The FreeBSD ports and packages carry very recent versions of bogofilter. This approach uses the highly recommended portupgrade and cvsup software packages. To install these two fine pieces, type (you need to do this only once):
# pkg_add -r portupgrade cvsup
To install or upgrade bogofilter, just upgrade your portstree using cvsup, then type:
# portupgrade -N bogofilter
See the file doc/programmer/README.hp-ux in the source distribution.
Can I share word lists over NFS?
If all you're just reading from them, there are no problems. When you're updating them, you need to use the correct file locking to avoid data corruption. When you compile bogofilter, you will need to verify that the configure script has set "#define HAVE_FCNTL 1" in your config.h file. Popular UNIX operating systems will all support this. If you are running an unusual, or an older version of an operating system, make sure it supports fcntl(). If "#define HAVE_FCNTL 1" is set, then comment out "#define HAVE_FLOCK 1" so that the locking system uses fcntl() locking instead of the default of flock() locking. If your system does not support fcntl, then you will not be able to share word list files over NFS without the risk of data corruption.
Next, make sure you have NFS set up properly, with "lockd" running. Refer to your NFS documentation for more information about running "lockd" or "rpc.lockd". Most operating systems with NFS turn this on by default.
Why does bogofilter give return codes like 0 and 256 when it's run from inside a program?
Likely the return codes are being reformatted by waitpid(2). Use WEXITSTATUS(status) in sys/wait.h, or comparable macro, to get the correct value.
Now that I've upgraded to 0.11 why are my scripts broken?
With version 0.11 bogofilter's options for registering mail as ham or spam have been changed. They now allow registering (or unregistering) messages in the ham and spam word lists. Prior to this, there was no way to unregister a message from a word list (without registering it in the other word list).

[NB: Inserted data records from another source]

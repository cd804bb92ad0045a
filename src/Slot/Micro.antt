-- ===== src/Slot/Micro.antt =====
-- The loop of src/slot_supervisor.rs cut into the steps between which another task can run: the pool
-- sees a worker after any number of them. A step list is more than the loop's order allows.
use croutond.Base.{
  String, ◌≡◌, refl, List, [], ◌∷◌, ◌++◌, true, false, Result, if◌then◌else◌, Bool-cases, inl, inr,
  map,
}
use croutond.Slot.{Child, SlotRuntime, SlotCommand, Os, handle_command}
use croutond.Slot.Worker.{
  Config, Round, Poll, Wake, shutdown_changed, received, channel_closed, timeout, Phase, live,
  stopped, spawn_phase, drain, poll_phase, select_phase, round, supervise, stop,
}

pub data Micro : Type 0 where
  spawns : Result String Child → Micro
  handles : Os → SlotCommand → Micro
  polls : Poll → Micro
  -- The worker leaves its loop, or its task is lost.
  ends : Micro

module _ (c : Config) where
  abbrev pub micro : Micro → SlotRuntime → Phase
  micro (spawns outcome) rt = live (spawn_phase c outcome rt).0
  micro (handles os command) rt = live (handle_command c.bridge c.api_socket os command rt).0
  micro (polls poll) rt = live (poll_phase c poll rt).0
  micro ends rt = stopped rt

  unfoldable pub advance : List Micro → Phase → Phase
  advance [] phase = phase
  advance (m ∷ ms) (stopped rt) = stopped rt
  advance (m ∷ ms) (live rt) = advance ms (micro m rt)

  advance_stopped : (ms : List Micro) (rt : SlotRuntime) → advance ms (stopped rt) ≡ stopped rt
  unfolding advance
  advance_stopped [] rt = refl
  advance_stopped (m ∷ ms) rt = refl

  abbrev waking : Wake → List Micro
  waking (shutdown_changed now) = if now then ends ∷ [] else []
  waking (received os command) = handles os command ∷ []
  waking channel_closed = ends ∷ []
  waking timeout = []

  abbrev handling : Os × SlotCommand → Micro
  handling (os, command) = handles os command

  -- The steps of a round.
  abbrev pub steps : Round → List Micro
  steps r =
      if r.shutdown
      then ends ∷ []
      else spawns r.spawned ∷ (map handling r.queued ++ polls r.poll ∷ waking r.wake)

  advance-append :
      (ms ns : List Micro) (phase : Phase)
      → advance (ms ++ ns) phase ≡ advance ns (advance ms phase)
  unfolding advance
  advance-append [] ns phase = refl
  advance-append (m ∷ ms) [] (stopped rt) = refl
  advance-append (m ∷ ms) (n ∷ ns) (stopped rt) = refl
  advance-append (m ∷ ms) ns (live rt) = advance-append ms ns (micro m rt)

  advance-drain :
      (queue : List (Os × SlotCommand)) (rt : SlotRuntime)
      → advance (map handling queue) (live rt) ≡ live (drain c queue rt).0
  unfolding advance drain
  advance-drain [] rt = refl
  advance-drain ((os, command) ∷ queue) rt = advance-drain queue _

  advance-waking :
      (os : Os) (wake : Wake) (rt : SlotRuntime)
      → advance (waking wake) (live rt) ≡ (select_phase c os wake rt).phase
  unfolding advance select_phase stop
  advance-waking os (shutdown_changed true) rt = refl
  advance-waking os (shutdown_changed false) rt = refl
  advance-waking os (received os' command) rt = refl
  advance-waking os channel_closed rt = refl
  advance-waking os timeout rt = refl

  advance-steps :
      (r : Round) (rt : SlotRuntime) → advance (steps r) (live rt) ≡ (round c r rt).phase
  unfolding round stop advance
  advance-steps r rt = elim (Bool-cases r.shutdown) [
    | inl h ↦ rw h refl
    | inr h ↦ rw (h, advance-append, advance-drain) (advance-waking r.os r.wake _)
  ]

  abbrev pub all_steps : List Round → List Micro
  all_steps [] = []
  all_steps (r ∷ rounds) = steps r ++ all_steps rounds

-- Every run of the loop is a list of such steps.
pub advance-all_steps :
    (c : Config) (rounds : List Round) (phase : Phase)
    → advance c (all_steps c rounds) phase ≡ supervise c rounds phase
unfolding supervise advance
advance-all_steps c [] phase = refl
advance-all_steps c (r ∷ rounds) (stopped rt) =
    advance_stopped c (steps c r ++ all_steps c rounds) rt
advance-all_steps c (r ∷ rounds) (live rt) =
    rw (advance-append, advance-steps) (advance-all_steps c rounds (round c r rt).phase)
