-- ===== src/Slot/Ending.antt =====
-- When a worker leaves its loop, and what it has done by then.
use croutond.Base.{
  ◌≡◌, refl, List, [], ◌∷◌, Bool, true, false, ◌&&◌, not, Bool-cases, ◌∙◌, inl, ap, inr,
}
use croutond.Slot.{SlotRuntime, Os}
use croutond.Slot.Worker.{
  Config, Round, Wake, shutdown_changed, received, channel_closed, timeout, Phase, live, stopped,
  select_phase, round, supervise, stop,
}

-- The wake-ups that end the loop.
abbrev ends : Wake → Bool
ends (shutdown_changed now) = now
ends (received os command) = false
ends channel_closed = true
ends timeout = false

-- Neither was shutdown broadcast when the round looked, nor does its wake-up end the loop.
abbrev pub is_ordinary : Round → Bool
is_ordinary r = not r.shutdown && not (ends r.wake)

abbrev pub all_ordinary : List Round → Bool
all_ordinary [] = true
all_ordinary (r ∷ rounds) = is_ordinary r && all_ordinary rounds

abbrev pub is_live : Phase → Bool
is_live (live rt) = true
is_live (stopped rt) = false

module _ (c : Config) where
  select_phase_live :
      (os : Os) (wake : Wake) (rt : SlotRuntime)
      → is_live (select_phase c os wake rt).phase ≡ not (ends wake)
  unfolding select_phase stop
  select_phase_live os (shutdown_changed true) rt = refl
  select_phase_live os (shutdown_changed false) rt = refl
  select_phase_live os (received os' command) rt = refl
  select_phase_live os channel_closed rt = refl
  select_phase_live os timeout rt = refl

  round_live : (r : Round) (rt : SlotRuntime) → is_live (round c r rt).phase ≡ is_ordinary r
  unfolding round stop
  round_live r rt = elim (Bool-cases r.shutdown) [
    | inl h ↦ rw h
    | inr h ↦ rw (h, select_phase_live)
  ]

  pub supervise_stopped :
      (rounds : List Round) (rt : SlotRuntime) → supervise c rounds (stopped rt) ≡ stopped rt
  unfolding supervise
  supervise_stopped [] rt = refl
  supervise_stopped (r ∷ rounds) rt = refl

  supervise_phase :
      (rounds : List Round) (phase : Phase)
      → is_live (supervise c rounds phase) ≡ (is_live phase && all_ordinary rounds)
  unfolding supervise
  supervise_phase [] (live rt) = refl
  supervise_phase [] (stopped rt) = refl
  supervise_phase (r ∷ rounds) (live rt) =
      supervise_phase rounds (round c r rt).phase
      ∙ ap (λ b. b && all_ordinary rounds) (round_live r rt)
  supervise_phase (r ∷ rounds) (stopped rt) = refl

-- A worker is still in its loop after some rounds exactly when in none of them the shutdown flag was
-- up, the shutdown channel reported a shutdown or its sender's end, or the command channel was closed.
pub supervise-live :
    (c : Config) (rounds : List Round) (rt : SlotRuntime)
    → is_live (supervise c rounds (live rt)) ≡ all_ordinary rounds
supervise-live c rounds rt = supervise_phase c rounds (live rt)
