-- ===== src/Slot/Handle.antt =====
-- src/slot_supervisor.rs: `SlotHandle` and `initialize_slot`. The handle of a slot is the only sender
-- of its commands, so the model keeps the state of the worker in its handle.
use croutond.Base.{ℕ, String, Bool, not, Option, List, [], ◌∷◌, ◌++◌, map, if◌then◌else◌, ◌&&◌}
use croutond.Base.Text.{◌+++◌}
use croutond.Base.Text.Decimal.{decimal}
use croutond.Base.FilePath.{join}
use croutond.Slot.Worker.{
  Config, Round, Wake, shutdown_changed, received, channel_closed, timeout, Phase, live, initial,
  supervise,
}
use croutond.Slot.Ending.{is_live}

pub record SlotHandle : Type 0 where
  pub config : Config
  pub phase : Phase

-- `vm_path.join(format!("vmm{slot}.sock"))`
abbrev pub socket_path : String → ℕ → String
socket_path vm_path slot = join vm_path ("vmm" +++ decimal slot +++ ".sock")

unfoldable pub initialize_slot : ℕ → String → List String → Option String → String → SlotHandle
initialize_slot slot program args bridge vm_path = record {
  config = record {
    slot = slot;
    program = program;
    args = args ++ "--api-socket" ∷ socket_path vm_path slot ∷ [];
    bridge = bridge;
    api_socket = socket_path vm_path slot;
  };
  phase = live (initial slot);
}

-- What a worker sees of its two channels in a round, when the shutdown flag is `flag`, its sender
-- lives on, and the command sender is or is not dropped.
abbrev as_seen : Bool → Bool → Wake → Wake
as_seen flag dropped (shutdown_changed now) = shutdown_changed (now && flag)
as_seen flag dropped (received os command) = received os command
as_seen flag dropped channel_closed = if dropped then channel_closed else timeout
as_seen flag dropped timeout = timeout

abbrev pub round_as_seen : Bool → Bool → Round → Round
round_as_seen flag dropped r = record r {
  shutdown = flag;
  queued = [];
  wake = as_seen flag dropped r.wake;
}

-- `slot.worker.await`, while the worker runs the rounds of a list: whether it has ended.
unfoldable pub worker_ends : Bool → Bool → List Round → SlotHandle → Bool
worker_ends flag dropped rounds h =
    not (is_live (supervise h.config (map (round_as_seen flag dropped) rounds) h.phase))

Bogofilter has four registration options - '-s', '-n', '-S', and '-N'. With the release of version 0.11 the meaning of '-S' and '-N' has been changed to allow unregistering messages from the word lists. Here's what the four options mean:
Prior to version 0.11, the '-S' option was used to move a message from the ham word list to the spam word list, i.e. there were two actions. Now with 0.11 each of the two actions is invoked by its own option. To get the same effect as the old '-S', you should use '-N -s' (or '-Ns' which means the same thing).
Similarly, the old '-N' option is now '-Sn' (or '-S -n').
MDA scripts typically use '-s' and '-n' and don't need to change. Other scripts which use '-S' and '-N' for fixing registration errors do need to be changed.